A wind swept by, whipping up dirt and leaves and pebbles. I remembered once Mom took me to this play, a musical called Damn Yankees. She thought I’d like it because it was about sports. I sort of did. It was about this old guy who sold his soul to the devil so he could be young and athletic and lead his favorite team to victory.
Was that what I’d done? Was Kendra the devil? Had I sold my soul to be a few inches taller, to make a team, to be a hero?

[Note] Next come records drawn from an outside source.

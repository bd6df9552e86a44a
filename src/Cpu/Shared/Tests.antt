-- ===== src/Cpu/Shared/Tests.antt =====
-- Runs of the profiler on stored traces.
use wzprof.Base.{ℕ, ◌≡◌, refl, List, [], ◌∷◌, false, none, length, ok, arith}
use wzprof.Trace.{Function}
use wzprof.Cpu.Sessions.{Run, done, call, starts, stops, run}
use wzprof.Cpu.Shared.{Machine, shared_run, run_handing, view_profiler, view_handed}
use wzprof.Cpu.Shared.Traces.{owners, count_traces, handed_traces}
use wzprof.Trace.Slices.Clones.{copies, copies-IsCloning}
use wzprof.Trace.Slices.{Slicing}
use wzprof.Trace.Store.Owned.{owned}
use wzprof.Cpu.Shared.Refines.{IsApart, shared_run-run_handing}

abbrev main : Function
main = record { module_name = "m"; index = 1; name = "main"; is_host = false }

abbrev doubling : Slicing Function
doubling = copies (λ n. n)

abbrev exact : Slicing ℕ
exact = copies (λ n. 0)

abbrev first_pc : List ℕ → ℕ
first_pc [] = 0
first_pc (b ∷ bs) = b

-- No array is allocated yet.
abbrev fresh : Machine
fresh = record {
  store = record {
    fns = record { next = 0; at = λ a i. main };
    pcs = record { next = 0; at = λ a i. 0 };
  };
  counts = none;
  frames = [];
  traces = [];
  start = 0;
  host = false;
  handed = [];
}

-- A profile with a call at one PC, and another profile with two calls that write into its slices.
abbrev two_profiles : Run
two_profiles = starts 5 (
    call 10 (record { fn = main; pc = 1 } ∷ []) 30 done (
      stops (
        starts 40 (
          call 50 (record { fn = main; pc = 2 } ∷ []) 60
            (call 52 (record { fn = main; pc = 3 } ∷ record { fn = main; pc = 2 } ∷ []) 57 done
              done)
            (stops done)))))

no_traces : owners fresh ≡ []
unfolding count_traces handed_traces
no_traces = refl

fresh-IsApart : IsApart fresh
unfolding IsApart owned
fresh-IsApart = rw no_traces (record {
  fns = record { once = λ a. omega arith; old = λ a l. omega arith };
  pcs = record { once = λ a. omega arith; old = λ a l. omega arith };
})

shared_run-run_handing_example :
    (q : Machine) × (shared_run doubling exact first_pc two_profiles fresh ≡ ok q)
    × (run_handing first_pc two_profiles (view_profiler fresh) (view_handed fresh)
        ≡ ok (view_profiler q, view_handed q))
    × (run first_pc two_profiles (view_profiler fresh) ≡ ok (view_profiler q))
    × IsApart q
    × (length q.frames ≡ 0)
shared_run-run_handing_example =
    shared_run-run_handing doubling exact first_pc (copies-IsCloning (λ n. n))
      (copies-IsCloning (λ n. 0)) two_profiles fresh fresh-IsApart
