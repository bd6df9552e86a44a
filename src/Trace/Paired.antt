-- ===== src/Trace/Paired.antt =====
-- Stacks that have a PC for each function, as traces and in counters.
use wzprof.Base.{refl, ℕ, ◌≤◌, ◌≡◌, inl, inr, List, [], ◌∷◌, map, ◌==◌, Bool-cases, length, arith}
use wzprof.Trace.{
  StackFrame, StackTrace, Counts, make_stack_trace, observe, lookup, observe_at, observe_value,
}

-- A stack has a PC for each function; and so have those of counters.
abbrev pub IsPaired : StackTrace → Type 0
IsPaired st = length st.fns ≤ length st.pcs

abbrev pub PairedCounts : Counts → Type 0
PairedCounts [] = Unit {0}
PairedCounts ((k, sc) ∷ cs) = IsPaired sc.stack × PairedCounts cs

lookup-Paired :
    (cs : Counts) (st : StackTrace) → IsPaired st → PairedCounts cs → PairedCounts (lookup cs st)
unfolding lookup
lookup-Paired [] st h a = (h, tt)
lookup-Paired ((j, sc) ∷ cs) st h a = elim (Bool-cases (j == st.key)) [
  | inl e ↦ rw e a
  | inr e ↦ rw e (a.0, lookup-Paired cs st h a.1)
]

observe_at-Paired : (k v : ℕ) (cs : Counts) → PairedCounts cs → PairedCounts (observe_at k v cs)
unfolding observe_at observe_value
observe_at-Paired k v [] a = tt
observe_at-Paired k v ((j, sc) ∷ cs) a = elim (Bool-cases (j == k)) [
  | inl e ↦ rw e a
  | inr e ↦ rw e (a.0, observe_at-Paired k v cs a.1)
]

pub observe-Paired :
    (cs : Counts) (st : StackTrace) (v : ℕ)
    → IsPaired st
    → PairedCounts cs
    → PairedCounts (observe cs st v)
unfolding observe
observe-Paired cs st v h a = observe_at-Paired st.key v (lookup cs st) (lookup-Paired cs st h a)

length-maps :
    (fs : List StackFrame)
    → length (map (λ (f : StackFrame). f.fn) fs) ≡ length (map (λ (f : StackFrame). f.pc) fs)
length-maps [] = refl
length-maps (f ∷ fs) = omega (arith, length-maps fs)

pub make_stack_trace-IsPaired :
    (hash : List ℕ → ℕ) (st : StackTrace) (fs : List StackFrame)
    → IsPaired (make_stack_trace hash st fs)
unfolding make_stack_trace
make_stack_trace-IsPaired hash st fs = omega (arith, length-maps fs)
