-- ===== src/Cpu/Stacks.antt =====
-- cpu.go: whether the stacks that the CPU profiler records have a PC for each function.
use wzprof.Base.{
  ℕ, ◌≡◌, refl, ap, subst, inl, inr, List, [], ◌∷◌, Bool, true, false, Option, none, some, ◌==◌,
  if◌then◌else◌, Bool-cases, Outcome, ok, >>=-eq-ok, arith,
}
use wzprof.Base.Words.{sub64}
use wzprof.Trace.{StackFrame, StackTrace, Counts, host}
use wzprof.Cpu.{
  CpuTimeFrame, CpuProfiler, reuse_trace, before, after, after_frames, finish_frame, credit,
  record_sample, drop_host, start_profile, stop_profile, new_cpu_profiler,
}
use wzprof.Cpu.Time.{Calls, done, call, run}
use wzprof.Trace.Paired.{IsPaired, PairedCounts, observe-Paired, make_stack_trace-IsPaired}

abbrev PairedFrames : List CpuTimeFrame → Type 0
PairedFrames [] = Unit {0}
PairedFrames (f ∷ fs) = IsPaired f.trace × PairedFrames fs

abbrev pub PairedSome : Option Counts → Type 0
PairedSome none = Unit {0}
PairedSome (some m) = PairedCounts m

-- The stacks of the counters and of the frames; and the option that the profiler was made with.
pub record Holds (host : Bool) (p : CpuProfiler) : Type 0 where
  pub counters : PairedSome p.counts
  pub calls : PairedFrames p.frames
  pub option : p.host ≡ host

before-Holds :
    (hash : List ℕ → ℕ) (now : ℕ) (stack : List StackFrame) (h : Bool) (p : CpuProfiler)
    (o : Option Counts)
    → Holds h (record p { counts = o })
    → Holds h (before hash now stack (record p { counts = o }))
unfolding before
before-Holds hash now stack h p none held = record {
  counters = tt;
  calls = (omega arith, held.calls);
  option = held.option;
}
before-Holds hash now stack h p (some m) held = record {
  counters = held.counters;
  calls = (make_stack_trace-IsPaired hash (reuse_trace p.traces).0 stack, held.calls);
  option = held.option;
}

credit-Paired : (d : ℕ) (fs : List CpuTimeFrame) → PairedFrames fs → PairedFrames (credit d fs)
unfolding credit
credit-Paired d [] a = a
credit-Paired d (f ∷ fs) a = a

record_sample-Paired :
    (st : StackTrace) (v : ℕ) (o : Option Counts)
    → IsPaired st
    → PairedSome o
    → PairedSome (record_sample st v o)
unfolding record_sample
record_sample-Paired st v none a h = h
record_sample-Paired st v (some m) a h = observe-Paired m st v a h

finish-Holds :
    (now : ℕ) (f : CpuTimeFrame) (rest : List CpuTimeFrame) (h : Bool) (p : CpuProfiler)
    → PairedFrames (f ∷ rest)
    → PairedSome p.counts
    → p.host ≡ h
    → Holds h (finish_frame now f rest p)
unfolding finish_frame
finish-Holds now f rest h p a c o = elim (Bool-cases (f.start == 0)) [
  | inl e ↦ rw e (record { counters = c; calls = a.1; option = o })
  | inr e ↦ rw e (record {
    counters = record_sample-Paired f.trace (sub64 (sub64 now f.start) f.sub) p.counts a.0 c;
    calls = credit-Paired (sub64 now f.start) rest a.1;
    option = o;
  })
]

abbrev result_or : CpuProfiler → Outcome CpuProfiler → CpuProfiler
result_or p (ok q) = q
result_or p o = p

after-Holds :
    (now : ℕ) (fs : List CpuTimeFrame) (h : Bool) (p q : CpuProfiler)
    → PairedFrames fs
    → PairedSome p.counts
    → p.host ≡ h
    → after_frames now fs p ≡ ok q
    → Holds h q
unfolding after_frames
after-Holds now [] h p q a c o e = cc
after-Holds now (f ∷ rest) h p q a c o e =
    subst (Holds h) (ap (result_or p) e) (finish-Holds now f rest h p a c o)

pub run-Holds :
    (hash : List ℕ → ℕ) (cs : Calls) (h : Bool) (p q : CpuProfiler)
    → Holds h p
    → run hash cs p ≡ ok q
    → Holds h q
unfolding run after
run-Holds hash done h p q held e = subst (Holds h) (ap (result_or p) e) held
run-Holds hash (call start stack finish inside later) h p q held e =
    let (p₂, e₂, more) = >>=-eq-ok (run hash inside (before hash start stack p)) _ e in
    let (p₃, e₃, last) = >>=-eq-ok (after_frames finish p₂.frames p₂) _ more in
    let held₂ =
      run-Holds hash inside h (before hash start stack p) p₂
        (before-Holds hash start stack h p p.counts held) e₂ in
    run-Holds hash later h p₃ q
      (after-Holds finish p₂.frames h p₂ p₃ held₂.calls held₂.counters held₂.option e₃) last

drop_host-Paired : (m : Counts) → PairedCounts m → PairedCounts (drop_host m)
unfolding drop_host
drop_host-Paired [] a = a
drop_host-Paired ((k, sc) ∷ m) a = elim (Bool-cases (host sc.stack)) [
  | inl e ↦ rw e (drop_host-Paired m a.1)
  | inr e ↦ rw e (a.0, drop_host-Paired m a.1)
]

-- The samples that a stop hands over.
abbrev pub kept : Bool → Counts → Counts
kept host m = if host then m else drop_host m

pub kept-Paired : (host : Bool) (m : Counts) → PairedCounts m → PairedCounts (kept host m)
kept-Paired true m a = a
kept-Paired false m a = drop_host-Paired m a

pub stop-kept :
    (q : CpuProfiler) (n : Counts)
    → q.counts ≡ some n
    → stop_profile q ≡ (some (kept q.host n), record q { counts = none })
unfolding stop_profile
stop-kept q n e = rw e refl

pub start-new :
    (now : ℕ) (host : Bool)
    → (start_profile now (new_cpu_profiler host)).1
      ≡ record { counts = some []; frames = []; traces = []; start = now; host = host }
unfolding start_profile new_cpu_profiler
start-new now host = refl
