-- ===== src/Cpu/Tests.antt =====
-- Runs of the CPU profiler, and its theorems at concrete inputs.
use wzprof.Base.{
  ℕ, ◌+◌, ◌*◌, ◌%◌, ◌^◌, ◌≤◌, if◌then◌else◌, ltb, ◌≡◌, refl, List, [], ◌∷◌, true, false, some, none,
  ok, arith,
}
use wzprof.Trace.{StackFrame, Counts}
use wzprof.Cpu.Handler.{second, bad_request, respond, respond_deadline}
use wzprof.Cpu.{CpuProfiler, start_profile, stop_profile}
use wzprof.Cpu.Time
use wzprof.Cpu.Time.{run-Ran, Ran}
use wzprof.Sample.{Sampled, sampled_start}
use wzprof.Sample.Calls as Guest
use wzprof.Sample.Functions.{calls_of, every_nth_of, run_functions}
use wzprof.Trace.Counts.{sum_count, sum_total}
use wzprof.Cpu.Sampled.{Reading, cpu_listener, timed, sampled_run-totals}
use wzprof.Cpu.Sessions
use wzprof.Cpu.Sessions.{start-stop_protocol}

abbrev main_at : ℕ → List StackFrame
main_at pc =
    record { fn = record { module_name = "m"; index = 1; name = "main"; is_host = false }; pc = pc }
    ∷ []

abbrev toy_hash : List ℕ → ℕ
toy_hash [] = 0
toy_hash (b ∷ bs) = b

abbrev recording : CpuProfiler
recording = record { counts = some []; frames = []; traces = []; start = 5; host = false }

-- A call from 10 to 30 that makes a call from 12 to 19.
abbrev two_calls : Time.Calls
two_calls =
    Time.Calls.call 10 (main_at 1) 30
      (Time.Calls.call 12 (main_at 2) 19 Time.Calls.done Time.Calls.done) Time.Calls.done

run-Ran_example : Ran toy_hash two_calls recording [] (Time.run toy_hash two_calls recording)
run-Ran_example = run-Ran toy_hash two_calls recording [] refl (omega arith)

abbrev idle : CpuProfiler
idle = record { counts = none; frames = []; traces = []; start = 0; host = false }

start-stop_protocol_example :
    (recording.counts ≡ none
      → (start_profile 7 recording ≡ (true, record recording { counts = some []; start = 7 }))
        × ((stop_profile recording).0 ≡ none))
    × ((m : Counts)
        → recording.counts ≡ some m
        → (start_profile 7 recording ≡ (false, recording))
          × (out : Counts) × ((stop_profile recording).0 ≡ some out)
          × (recording.host ≡ true → out ≡ m)
          × (recording.host ≡ false → Sessions.Guests m out))
    × ((stop_profile recording).1 ≡ record recording { counts = none })
    × ((stop_profile (stop_profile recording).1).0 ≡ none)
    × (start_profile 7 (stop_profile recording).1
        ≡ (true, record recording { counts = some []; start = 7 }))
start-stop_protocol_example = start-stop_protocol recording 7

-- Ten seconds at a deadline in five, and ten thousand million.
respond_deadline_example :
    (respond (some 10) (some (5 * second)) 7 (λ q. q) idle ≡ (
      if ltb (5 * second) (10 * second)
      then (bad_request, idle)
      else respond (some 10) none 7 (λ q. q) idle))
    × (2 ^ 63 ≤ 10 ^ 10 * second)
    × (respond (some (10 ^ 10)) (some (5 * second)) 7 (λ q. q) idle
        ≡ respond (some (10 ^ 10)) none 7 (λ q. q) idle)
respond_deadline_example =
    respond_deadline 10 (10 ^ 10) (5 * second) 7 (λ q. q) idle (omega arith) (omega arith)
      (omega arith) (omega arith) (omega arith) (omega arith)

-- Call `n` lasts from 10 n + 1 to 10 n + 8; the even calls are of one function, and the odd of another.
abbrev reading : ℕ → Reading
reading n = record { start = 10 * n + 1; stack = main_at n; finish = 10 * n + 8 }

abbrev parity : ℕ → ℕ
parity n = n % 2

abbrev four_calls : Guest.Calls
four_calls =
    Guest.call 1 true false (Guest.call 2 true false Guest.done Guest.done)
      (Guest.call 3 true true Guest.done (Guest.call 4 true false Guest.done Guest.done))

-- The second calls of each function are let through.
second_calls :
    every_nth_of parity 2 (λ g. 0) four_calls
    ≡ Guest.call 3 true true Guest.done (Guest.call 4 true false Guest.done Guest.done)
unfolding every_nth_of calls_of
second_calls = refl

sampled_run-totals_example :
    (T : ℕ → Sampled) × (q : CpuProfiler) × (n : Counts) × (run_functions parity
        (cpu_listener toy_hash reading)
        four_calls
        ((λ g. sampled_start 2), ok recording)
      ≡ ok (T, ok q))
    × (q.counts ≡ some n)
    × (sum_count n % 2 ^ 64
        ≡ (sum_count [] + Guest.size (every_nth_of parity 2 (λ g. 0) four_calls)) % 2 ^ 64)
    × (sum_total n % 2 ^ 64
        ≡ (sum_total []
            + Time.elapsed (timed toy_hash reading (every_nth_of parity 2 (λ g. 0) four_calls)))
          % 2 ^ 64)
sampled_run-totals_example =
    sampled_run-totals toy_hash reading parity 2 four_calls recording [] (omega arith) (omega arith)
      (omega arith) refl (λ n. omega arith)
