-- ===== src/Dwarf/Tests.antt =====
-- The DWARF parser on a small section.
use wzprof.Base.{
  ◌==◌, if◌then◌else◌, ◌≡◌, refl, List, [], ◌∷◌, ◌++◌, true, false, Option, none, some, ok, arith,
}
use wzprof.Dwarf.{
  namespace, variable, other, Entry, Range, parse, enter_namespace, ranges_found, inline_of,
}
use wzprof.Dwarf.Forest.{Tree, leaf, branch, nil, cons}
use wzprof.Dwarf.Units.{put_trees, found_units, parse-trees}
use wzprof.WasmBin.Sections.{Section, custom, other, sections_bytes}
use wzprof.WasmBin.Leb.{groups}
use wzprof.WasmBin.{bytes_eq}
use wzprof.Dwarf.Sections.{
  DebugSections, debug_info, new_dwarf_parser_from_bin, new_dwarfparser, customs,
}
use wzprof.Dwarf.Sections.Same.{both_parsers-eq}
use wzprof.Dwarf.Locations.Tests.{entry, range, unit_entry, f, inlined_g, g, subprograms}

-- The ranges of the entries: `f` at 10, the call inlined in it, and nothing else.
abbrev ranges_of : Entry → Option (List Range)
ranges_of e =
    if e.offset == 3
    then some (range 10 30 ∷ [])
    else if e.offset == 4
    then some (range 14 18 ∷ [])
    else if e.offset == 5
    then some []
    else none

abbrev std : Entry
std = entry 2 namespace true (some "std") none

abbrev section : List Tree
section =
    branch unit_entry (
      cons (branch std (cons (branch f (cons (leaf inlined_g) nil)) (cons (leaf g) nil)))
        (cons (leaf (entry 6 variable false (some "v") none)) nil))
    ∷ leaf (entry 7 (other 65) false none none)
    ∷ []

parse-trees_example : parse ranges_of (put_trees section) ≡ ok (found_units ranges_of section)
parse-trees_example = parse-trees ranges_of section (
  (
    refl,
    refl,
    (
      (refl, refl, ((refl, refl, ((refl, refl, refl), tt)), ((refl, refl, refl), tt))),
      ((refl, refl, refl), tt),
    ),
  ),
  ((refl, refl, refl), tt),
)

found_in_section : found_units ranges_of section ≡ subprograms
unfolding enter_namespace ranges_found inline_of
found_in_section = refl

-- A module with a type section and the section of entries. `dwarf.New` wants the entries.
abbrev sections : List Section
sections = other 1 (96 ∷ []) ∷ custom (103 ∷ 111 ∷ []) (7 ∷ []) ∷ custom debug_info (9 ∷ []) ∷ []

abbrev dwarf_new : DebugSections → Option (List Entry)
dwarf_new s = elim s.info [ none ↦ none | some content ↦ some (unit_entry ∷ []) ]

both_parsers-eq_example :
    new_dwarf_parser_from_bin dwarf_new
      ((0 ∷ 97 ∷ 115 ∷ 109 ∷ 1 ∷ 0 ∷ 0 ∷ 0 ∷ []) ++ sections_bytes sections)
    ≡ ok (new_dwarfparser dwarf_new (customs sections))
unfolding groups bytes_eq
both_parsers-eq_example =
    both_parsers-eq dwarf_new (0 ∷ 97 ∷ 115 ∷ 109 ∷ 1 ∷ 0 ∷ 0 ∷ 0 ∷ []) sections refl
      (
        (omega arith, omega arith, (λ e. absurd (omega (arith, e)))),
        (omega arith, (omega arith, tt)),
      )
      (refl, (refl, tt))
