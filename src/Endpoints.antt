-- ===== src/Endpoints.antt =====
-- pprof.go: the HTTP handler of the profilers. A string is the list of its
-- bytes. What the code takes from net/http and runtime/pprof is an argument: the request, the host's
-- profiles, and the sort. How an answer is written is not modelled.
pub mod Routes
mod Tests
use Prim.Native.String.{String}
use Prim.Native.Char.{code}
use wzprof.Base.{
  ℕ, zero, suc, ◌+◌, ◌*◌, ◌%◌, ◌^◌, List, [], ◌∷◌, ◌++◌, map, Bool, true, false, ◌&&◌, Option, none,
  some, ltb, ◌==◌, if◌then◌else◌,
}
use wzprof.WasmBin.{bytes_eq}

-- The bytes of a text in ASCII.
abbrev pub text : String → List ℕ
text String.[] = []
text (String.◌∷◌ c s) = code c ∷ text s

-- `Profiler`: what the handler asks of one.
pub record Profiler : Type 0 where
  pub name : List ℕ
  pub desc : List ℕ
  pub count : ℕ

-- The handler of an entry: that of the guest's profiler of a name, or one of the host.
pub data EntryHandler : Type 0 where
  guest_profile : List ℕ → EntryHandler
  host_cmdline host_cpu host_trace : EntryHandler
  host_profile : List ℕ → EntryHandler

-- `profileEntry`.
pub record ProfileEntry : Type 0 where
  pub name : List ℕ
  pub href : List ℕ
  pub desc : List ℕ
  pub debug : ℕ
  pub count : ℕ
  pub handler : EntryHandler

-- `profileDescriptions`, which has an empty text for the other names.
pub described : List ℕ → List (String × String) → List ℕ
described name [] = []
described name ((k, d) ∷ descs) = if bytes_eq name (text k) then text d else described name descs

pub profile_descriptions : List ℕ → List ℕ
unfolding described
profile_descriptions name = described name (
    ("allocs", "A sampling of all past memory allocations")
    ∷ ("block", "Stack traces that led to blocking on synchronization primitives")
    ∷ ("cmdline", "The command line invocation of the current program")
    ∷ (
      "goroutine",
      "Stack traces of all current goroutines. Use debug=2 as a query parameter to export in the same format as an unrecovered panic.",
    )
    ∷ (
      "heap",
      "A sampling of memory allocations of live objects. You can specify the gc GET parameter to run GC before taking the heap sample.",
    )
    ∷ ("mutex", "Stack traces of holders of contended mutexes")
    ∷ (
      "profile",
      "CPU profile. You can specify the duration in the seconds GET parameter. After you get the profile file, use the go tool pprof command to investigate the profile.",
    )
    ∷ ("threadcreate", "Stack traces that led to the creation of new OS threads")
    ∷ (
      "trace",
      "A trace of execution of the current program. You can specify the duration in the seconds GET parameter. After you get the trace file, use the go tool trace command to investigate the trace.",
    )
    ∷ [])

-- An entry for a profiler of the guest.
pub guest_entry : Profiler → ProfileEntry
guest_entry p = record {
  name = p.name;
  href = p.name;
  desc = p.desc;
  debug = 0;
  count = p.count;
  handler = guest_profile p.name;
}

pub fixed_entry : String → EntryHandler → ProfileEntry
unfolding profile_descriptions
fixed_entry name handler = record {
  name = text name;
  href = text name;
  desc = profile_descriptions (text name);
  debug = 1;
  count = 0;
  handler = handler;
}

-- An entry for one of `pprof.Profiles()`, by its name and count.
pub host_entry : List ℕ × ℕ → ProfileEntry
unfolding profile_descriptions
host_entry (name, count) = record {
  name = name;
  href = name;
  desc = profile_descriptions name;
  debug = 1;
  count = count;
  handler = host_profile name;
}

-- The last entry, of `pprof.Lookup("goroutine")` with its count.
pub goroutine_entry : ℕ → ProfileEntry
goroutine_entry count = record {
  name = text "full goroutine stack dump";
  href = text "goroutine";
  desc = [];
  debug = 2;
  count = count;
  handler = host_profile (text "goroutine");
}

pub host_entries : List (List ℕ × ℕ) → ℕ → List ProfileEntry
unfolding fixed_entry host_entry goroutine_entry
host_entries profiles goroutines =
    fixed_entry "cmdline" host_cmdline
    ∷ fixed_entry "profile" host_cpu
    ∷ fixed_entry "trace" host_trace
    ∷ (map host_entry profiles ++ (goroutine_entry goroutines ∷ []))

-- A request: the path of its URL, and whether its query has `host`.
pub record Request : Type 0 where
  pub path : List ℕ
  pub host : Bool

-- `strings.CutPrefix`.
pub cut_prefix : List ℕ → List ℕ → Option (List ℕ)
cut_prefix [] path = some path
cut_prefix (c ∷ cs) [] = none
cut_prefix (c ∷ cs) (d ∷ ds) = let rest = cut_prefix cs ds in if c == d then rest else none

abbrev pub debug_pprof : List ℕ
debug_pprof = text "/debug/pprof/"

-- The loop over the entries.
pub entry_of : List ℕ → List ProfileEntry → Option ProfileEntry
entry_of href [] = none
entry_of href (e ∷ entries) = if bytes_eq e.href href then some e else entry_of href entries

-- The answer: an entry's handler serves it, or the page that lists the entries of the guest and the host.
pub data Answer : Type 0 where
  served : ProfileEntry → Answer
  index : List ProfileEntry → List ProfileEntry → Answer

pub answer : Answer → Option ProfileEntry → Answer
answer page none = page
answer page (some e) = served e

pub look_up : Answer → List ProfileEntry → Option (List ℕ) → Answer
unfolding answer
look_up page entries none = page
look_up page entries (some href) = answer page (entry_of href entries)

-- `Handler`. `sort` is `sortProfiles`.
pub handler :
    (List ProfileEntry → List ProfileEntry)
    → List Profiler
    → List (List ℕ × ℕ)
    → ℕ
    → Request
    → Answer
unfolding look_up cut_prefix guest_entry host_entries
handler sort profilers profiles goroutines r =
    let guest = map guest_entry profilers in
    let host = host_entries profiles goroutines in
    look_up (index (sort guest) (sort host)) (if r.host then host else guest)
      (cut_prefix debug_pprof r.path)

-- The descriptions of the index page, by name: an entry without one is passed over, and a later one
-- replaces an earlier.
pub describe : List ℕ → List ℕ → List (List ℕ × List ℕ) → List (List ℕ × List ℕ)
describe name desc [] = (name, desc) ∷ []
describe name desc ((k, d) ∷ descs) =
    if bytes_eq k name then (k, desc) ∷ descs else (k, d) ∷ describe name desc descs

pub descriptions_by_name : List ProfileEntry → List (List ℕ × List ℕ) → List (List ℕ × List ℕ)
unfolding describe
descriptions_by_name [] descs = descs
descriptions_by_name (e ∷ entries) descs =
    descriptions_by_name entries
      (if bytes_eq e.desc [] then descs else describe e.name e.desc descs)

I said, “Can’t you put me back the way I was before?”
She said, “I don’t understand what you mean. How could I do that?”
No, she wasn’t the devil, but she was a witch. And no one ever said witches were nice or that they did anyone favors.
She put her hand on my wrist again, and again, I felt weird. I wanted to flinch away, but I didn’t, couldn’t. Instead, I said, “What do I do?”
She said, “Figure out what you really want from Amanda. Then figure out how to get it.”
“Oh, okay. That’s easy.”
“After all these years, it should be.” She took her hand off my arm.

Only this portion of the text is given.